# advice on heat mat placement



## Chreggan (Feb 26, 2016)

Hi 

On a glass terrarium for a pacman frog where is the best place to put the heat mat I have been advised to put it on the end, but heard of on being on the back and being put bon the bottom at one end.

Where do you all place it and reason why.

Many thanks in advance

Chreggan


----------



## Chreggan (Feb 26, 2016)

Almost forgot where do you have your thermostats probe located

Again thanks in advance

Chreggan


----------



## jasonm96 (Aug 30, 2015)

It works best on the bottom with the thermostat and thermometer probe under the substrate. When used this way you want to maintain the bottom glass temperature to the suitable range so the frog can't burn itself. Make sure to raise the tank so there is airflow for the mat, especially important because of the deep substrate. Some people believe this method is bad because frogs tend to burrow to escape heat but a heat mat is useless when placed on a wall for a terrestrial species that spends its time in the ground and is far more dangerous because incorrect temperatures will cause many problems for a horned frog.
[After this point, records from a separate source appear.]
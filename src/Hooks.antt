-- ===== src/Hooks.antt =====
-- frontend/src/hooks: the queries of useReports.ts, useAllReports.ts, useDashboard.ts,
-- useCurrentUser.ts, useTenant.ts, useTenantMembers.ts, useCategories.ts, useAttachments.ts and
-- the two hooks for the URL of a file, with the keys under which the query client keeps their
-- answers. An answer of the server is no part of the model.
pub mod Keys
pub mod Changes
pub mod Screens
pub mod Renewal
mod Tests
use Prim.Native.String
use expense_saas.Prelude.{String, Option, none, some, List, [], ◌∷◌, ◌*◌}
use expense_saas.Texts.{Chars, Number, pos, string_of, or_else}
use expense_saas.Pagination.{Params, set}

-- The parameters of useMyReports, usePendingReports, usePayableReports, useProcessedReports and
-- useAllReports; `none` is a missing one.
pub record MyReportsParams : Type 0 where
  pub page : Option Number
  pub per_page : Option Number
  pub status : Option Chars
  pub from : Option Chars
  pub to : Option Chars

pub record ReportListParams : Type 0 where
  pub page : Option Number
  pub per_page : Option Number
  pub applicant_name : Option Chars

pub record ProcessedReportListParams : Type 0 where
  pub page : Option Number
  pub per_page : Option Number

pub record AllReportsParams : Type 0 where
  pub page : Option Number
  pub per_page : Option Number
  pub status : Option Chars
  pub from : Option Chars
  pub to : Option Chars
  pub submitter_id : Option Chars

-- A use of a hook.
pub data Query : Type 0 where
  my_reports : MyReportsParams → Query
  report : (id : Option String) → Query
  pending_reports payable_reports : ReportListParams → Query
  processed_reports : ProcessedReportListParams → Query
  all_reports : AllReportsParams → Query
  dashboard current_user tenant tenant_members categories : Query
  attachments : (report_id item_id : String) → Query
  download_url preview_url : (report_id item_id att_id : String) → Query

-- A property of an object in a key, and a part of a key. A property without a value counts as a
-- missing one.
pub data Value : Type 0 where
  number : Option Number → Value
  text : Option Chars → Value

pub data Part : Type 0 where
  text : String → Part
  undefined : Part
  object : List (String × Value) → Part

abbrev pub QueryKey : Type 0
QueryKey = List Part

abbrev pub id_part : Option String → Part
id_part none = undefined
id_part (some id) = Part.text id

abbrev page_parts : (page per_page : Option Number) → List (String × Value)
page_parts page per_page = ("page", number page) ∷ ("per_page", number per_page) ∷ []

abbrev name_parts : ReportListParams → List (String × Value)
name_parts p =
    ("page", number p.page)
    ∷ ("per_page", number p.per_page)
    ∷ ("applicant_name", Value.text p.applicant_name)
    ∷ []

abbrev attachments_key : (report_id item_id : String) → QueryKey → QueryKey
attachments_key report_id item_id rest =
    Part.text "reports"
    ∷ Part.text report_id
    ∷ Part.text "items"
    ∷ Part.text item_id
    ∷ Part.text "attachments"
    ∷ rest

-- `queryKey`
unfoldable pub query_key : Query → QueryKey
query_key (my_reports p) =
    Part.text "reports"
    ∷ Part.text "mine"
    ∷ object (
        ("page", number p.page)
        ∷ ("per_page", number p.per_page)
        ∷ ("status", Value.text p.status)
        ∷ ("from", Value.text p.from)
        ∷ ("to", Value.text p.to)
        ∷ [])
    ∷ []
query_key (report id) = Part.text "reports" ∷ Part.text "detail" ∷ id_part id ∷ []
query_key (pending_reports p) =
    Part.text "workflow" ∷ Part.text "pending" ∷ object (name_parts p) ∷ []
query_key (payable_reports p) =
    Part.text "workflow" ∷ Part.text "payable" ∷ object (name_parts p) ∷ []
query_key (processed_reports p) =
    Part.text "workflow" ∷ Part.text "processed" ∷ object (page_parts p.page p.per_page) ∷ []
query_key (all_reports p) =
    Part.text "reports"
    ∷ Part.text "all"
    ∷ object (
        ("page", number (some (or_else p.page (pos 1))))
        ∷ ("per_page", number (some (or_else p.per_page (pos 20))))
        ∷ ("status", Value.text p.status)
        ∷ ("from", Value.text p.from)
        ∷ ("to", Value.text p.to)
        ∷ ("submitter_id", Value.text p.submitter_id)
        ∷ [])
    ∷ []
query_key dashboard = Part.text "dashboard" ∷ []
query_key current_user = Part.text "auth" ∷ Part.text "me" ∷ []
query_key tenant = Part.text "tenant" ∷ []
query_key tenant_members = Part.text "tenant" ∷ Part.text "members" ∷ []
query_key categories = Part.text "categories" ∷ []
query_key (attachments r i) = attachments_key r i []
query_key (download_url r i a) = attachments_key r i (Part.text a ∷ Part.text "download" ∷ [])
query_key (preview_url r i a) = attachments_key r i (Part.text a ∷ Part.text "preview" ∷ [])

-- A path with its query: `path?query`, and the path alone where the query is empty.
pub record Url : Type 0 where
  pub path : String
  pub query : Params

-- `if (o !== undefined) searchParams.set(k, o)` and `if (o) searchParams.set(k, o)`
abbrev pub set_defined : String → Option Chars → Params → Params
set_defined k none m = m
set_defined k (some v) m = set k v m

abbrev pub set_given : String → Option Chars → Params → Params
set_given k none m = m
set_given k (some []) m = m
set_given k (some (c ∷ s)) m = set k (c ∷ s) m

abbrev pub set_number : String → Option Number → Params → Params
set_number k none m = m
set_number k (some n) m = set k (string_of n) m

abbrev plain : String → Url
plain path = record { path = path; query = [] }

unfoldable pub my_reports_url : MyReportsParams → Url
unfolding set string_of
my_reports_url p = record {
  path = "/api/reports";
  query = set_given "to" p.to (
      set_given "from" p.from (
        set_given "status" p.status
          (set_number "per_page" p.per_page (set_number "page" p.page []))));
}

unfoldable pub report_list_url : String → ReportListParams → Url
unfolding set string_of
report_list_url path p = record {
  path = path;
  query =
      set_defined "applicant_name" p.applicant_name
        (set_number "per_page" p.per_page (set_number "page" p.page []));
}

unfoldable pub processed_reports_url : ProcessedReportListParams → Url
unfolding set string_of
processed_reports_url p = record {
  path = "/api/workflow/processed";
  query = set_number "per_page" p.per_page (set_number "page" p.page []);
}

unfoldable pub all_reports_url : AllReportsParams → Url
unfolding set string_of
all_reports_url p = record {
  path = "/api/reports/all";
  query = set_given "submitter_id" p.submitter_id (
      set_given "to" p.to (
        set_given "from" p.from (
          set_given "status" p.status (
            set_number "per_page" (some (or_else p.per_page (pos 20)))
              (set_number "page" (some (or_else p.page (pos 1))) [])))));
}

abbrev id_text : Option String → String
id_text none = "undefined"
id_text (some id) = id

infixr 65 ◌+++◌
abbrev pub ◌+++◌ : String → String → String
s +++ t = String.◌++◌ s t

abbrev pub attachments_path : (report_id item_id : String) → String
attachments_path r i = "/api/reports/" +++ r +++ "/items/" +++ i +++ "/attachments"

-- The GET request of `queryFn`.
unfoldable pub url : Query → Url
unfolding my_reports_url report_list_url processed_reports_url all_reports_url
url (my_reports p) = my_reports_url p
url (report id) = plain ("/api/reports/" +++ id_text id)
url (pending_reports p) = report_list_url "/api/workflow/pending" p
url (payable_reports p) = report_list_url "/api/workflow/payable" p
url (processed_reports p) = processed_reports_url p
url (all_reports p) = all_reports_url p
url dashboard = plain "/api/dashboard"
url current_user = plain "/api/auth/me"
url tenant = plain "/api/tenant"
url tenant_members = plain "/api/tenant/members"
url categories = plain "/api/categories"
url (attachments r i) = plain (attachments_path r i)
url (download_url r i a) = plain (attachments_path r i +++ "/" +++ a +++ "/download")
url (preview_url r i a) = plain (attachments_path r i +++ "/" +++ a +++ "/preview")
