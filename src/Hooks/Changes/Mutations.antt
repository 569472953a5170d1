-- ===== src/Hooks/Changes/Mutations.antt =====
-- frontend/src/hooks: the request of each mutation, and the keys that it invalidates once the server
-- has answered.
use expense_saas.Prelude.{String, Option, none, some, List, [], ◌∷◌, ◌++◌, truthy, if◌then◌else◌}
use expense_saas.Texts.{Chars}
use expense_saas.ItemForm.{Number}
use expense_saas.Hooks.{◌+++◌, attachments_path}

-- A key of texts, as `invalidateQueries` takes it.
abbrev pub KeyFilter : Type 0
KeyFilter = List String

pub data Method : Type 0 where
  post put delete : Method

-- A property of a body of JSON.
pub data Value : Type 0 where
  id : String → Value
  text : Chars → Value
  number : Number → Value

pub data Body : Type 0 where
  empty : Body
  json : List (String × Value) → Body
  form_data : (file : String) → Body

pub record Mutation : Type 0 where
  pub method : Method
  pub path : String
  pub body : Body
  pub invalidates : List KeyFilter

pub record CreateReportInput : Type 0 where
  pub title : Chars
  pub period_start : Chars
  pub period_end : Chars
  pub reference_report_id : Option String

pub record UpdateReportInput : Type 0 where
  pub id : String
  pub title : Chars
  pub period_start : Chars
  pub period_end : Chars
  pub updated_at : String

-- SubmitReportInput and MarkAsPaidInput
pub record SubmitReportInput : Type 0 where
  pub id : String
  pub updated_at : String

pub record ApproveReportInput : Type 0 where
  pub id : String
  pub comment : Option Chars
  pub updated_at : String

pub record RejectReportInput : Type 0 where
  pub id : String
  pub reason : Chars
  pub updated_at : String

pub record ItemValues : Type 0 where
  pub expense_date : Chars
  pub amount : Number
  pub category_id : String
  pub description : Chars

pub record CreateItemInput : Type 0 where
  pub report_id : String
  pub values : ItemValues

pub record UpdateItemInput : Type 0 where
  pub report_id : String
  pub item_id : String
  pub values : ItemValues
  pub updated_at : String

pub record DeleteItemInput : Type 0 where
  pub report_id : String
  pub item_id : String

pub record UploadAttachmentParams : Type 0 where
  pub report_id : String
  pub item_id : String
  pub file : String

pub record DeleteAttachmentParams : Type 0 where
  pub report_id : String
  pub item_id : String
  pub att_id : String

abbrev detail : String → KeyFilter
detail report_id = "reports" ∷ "detail" ∷ report_id ∷ []

abbrev mine : KeyFilter
mine = "reports" ∷ "mine" ∷ []

abbrev pending : KeyFilter
pending = "workflow" ∷ "pending" ∷ []

abbrev payable : KeyFilter
payable = "workflow" ∷ "payable" ∷ []

abbrev dashboards : KeyFilter
dashboards = "dashboard" ∷ []

abbrev files : (report_id item_id : String) → KeyFilter
files report_id item_id = "reports" ∷ report_id ∷ "items" ∷ item_id ∷ "attachments" ∷ []

abbrev reference : Option String → List (String × Value)
reference none = []
reference (some r) = if truthy r then ("reference_report_id", Value.id r) ∷ [] else []

unfoldable pub use_create_report : CreateReportInput → Mutation
use_create_report input = record {
  method = post;
  path = "/api/reports";
  body = json (
      ("title", text input.title)
      ∷ ("period_start", text input.period_start)
      ∷ ("period_end", text input.period_end)
      ∷ reference input.reference_report_id);
  invalidates = mine ∷ dashboards ∷ [];
}

unfoldable pub use_update_report : UpdateReportInput → Mutation
use_update_report input = record {
  method = put;
  path = "/api/reports/" +++ input.id;
  body = json (
      ("title", text input.title)
      ∷ ("period_start", text input.period_start)
      ∷ ("period_end", text input.period_end)
      ∷ ("updated_at", Value.id input.updated_at)
      ∷ []);
  invalidates = detail input.id ∷ mine ∷ [];
}

unfoldable pub use_submit_report : SubmitReportInput → Mutation
use_submit_report input = record {
  method = post;
  path = "/api/reports/" +++ input.id +++ "/submit";
  body = json (("updated_at", Value.id input.updated_at) ∷ []);
  invalidates = detail input.id ∷ mine ∷ dashboards ∷ pending ∷ [];
}

unfoldable pub use_delete_report : (report_id : String) → Mutation
use_delete_report report_id = record {
  method = delete;
  path = "/api/reports/" +++ report_id;
  body = empty;
  invalidates = mine ∷ dashboards ∷ [];
}

abbrev comment_of : Option Chars → List (String × Value)
comment_of none = []
comment_of (some c) = ("comment", text c) ∷ []

unfoldable pub use_approve_report : ApproveReportInput → Mutation
use_approve_report input = record {
  method = post;
  path = "/api/workflow/" +++ input.id +++ "/approve";
  body = json (("updated_at", Value.id input.updated_at) ∷ comment_of input.comment);
  invalidates = detail input.id ∷ pending ∷ payable ∷ dashboards ∷ [];
}

unfoldable pub use_reject_report : RejectReportInput → Mutation
use_reject_report input = record {
  method = post;
  path = "/api/workflow/" +++ input.id +++ "/reject";
  body = json (("reason", text input.reason) ∷ ("updated_at", Value.id input.updated_at) ∷ []);
  invalidates = detail input.id ∷ pending ∷ dashboards ∷ [];
}

unfoldable pub use_mark_as_paid : SubmitReportInput → Mutation
use_mark_as_paid input = record {
  method = post;
  path = "/api/workflow/" +++ input.id +++ "/pay";
  body = json (("updated_at", Value.id input.updated_at) ∷ []);
  invalidates = detail input.id ∷ payable ∷ dashboards ∷ ("reports" ∷ "all" ∷ []) ∷ [];
}

abbrev item_fields : ItemValues → List (String × Value)
item_fields v =
    ("expense_date", text v.expense_date)
    ∷ ("amount", number v.amount)
    ∷ ("category_id", Value.id v.category_id)
    ∷ ("description", text v.description)
    ∷ []

abbrev items_path : String → String
items_path report_id = "/api/reports/" +++ report_id +++ "/items"

unfoldable pub use_create_item : CreateItemInput → Mutation
use_create_item input = record {
  method = post;
  path = items_path input.report_id;
  body = json (item_fields input.values);
  invalidates = detail input.report_id ∷ [];
}

unfoldable pub use_update_item : UpdateItemInput → Mutation
use_update_item input = record {
  method = put;
  path = items_path input.report_id +++ "/" +++ input.item_id;
  body = json (item_fields input.values ++ ("updated_at", Value.id input.updated_at) ∷ []);
  invalidates = detail input.report_id ∷ [];
}

unfoldable pub use_delete_item : DeleteItemInput → Mutation
use_delete_item input = record {
  method = delete;
  path = items_path input.report_id +++ "/" +++ input.item_id;
  body = empty;
  invalidates = detail input.report_id ∷ [];
}

unfoldable pub use_upload_attachment : UploadAttachmentParams → Mutation
use_upload_attachment p = record {
  method = post;
  path = attachments_path p.report_id p.item_id;
  body = form_data p.file;
  invalidates = detail p.report_id ∷ files p.report_id p.item_id ∷ [];
}

unfoldable pub use_delete_attachment : DeleteAttachmentParams → Mutation
use_delete_attachment p = record {
  method = delete;
  path = attachments_path p.report_id p.item_id +++ "/" +++ p.att_id;
  body = empty;
  invalidates = detail p.report_id ∷ files p.report_id p.item_id ∷ [];
}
Another way preferred by some is to heat them from above with a red bulb or ceramic heat emitter, which is more natural but tends to dry out the tank more depending on how high wattage of bulb you'd need and the size of the tank


----------



## Chreggan (Feb 26, 2016)

thanks for the reply,

I have now but the matt on the bottom and have the thermostats in the substrate, I felt I was not getting a good heat gradient so I have a 40w infa red bulb above one end of the enclosure, he/she seems to be a bit happier and more active.


----------



## jasonm96 (Aug 30, 2015)

Make sure to take the mat off so the frog can escape the heat, it heat comes in both ways the frog may get confused . Red bulbs are best I've found the frog to eat more when kept this way but heat mats are okay but really don't create a good heat gradient in Cold rooms


----------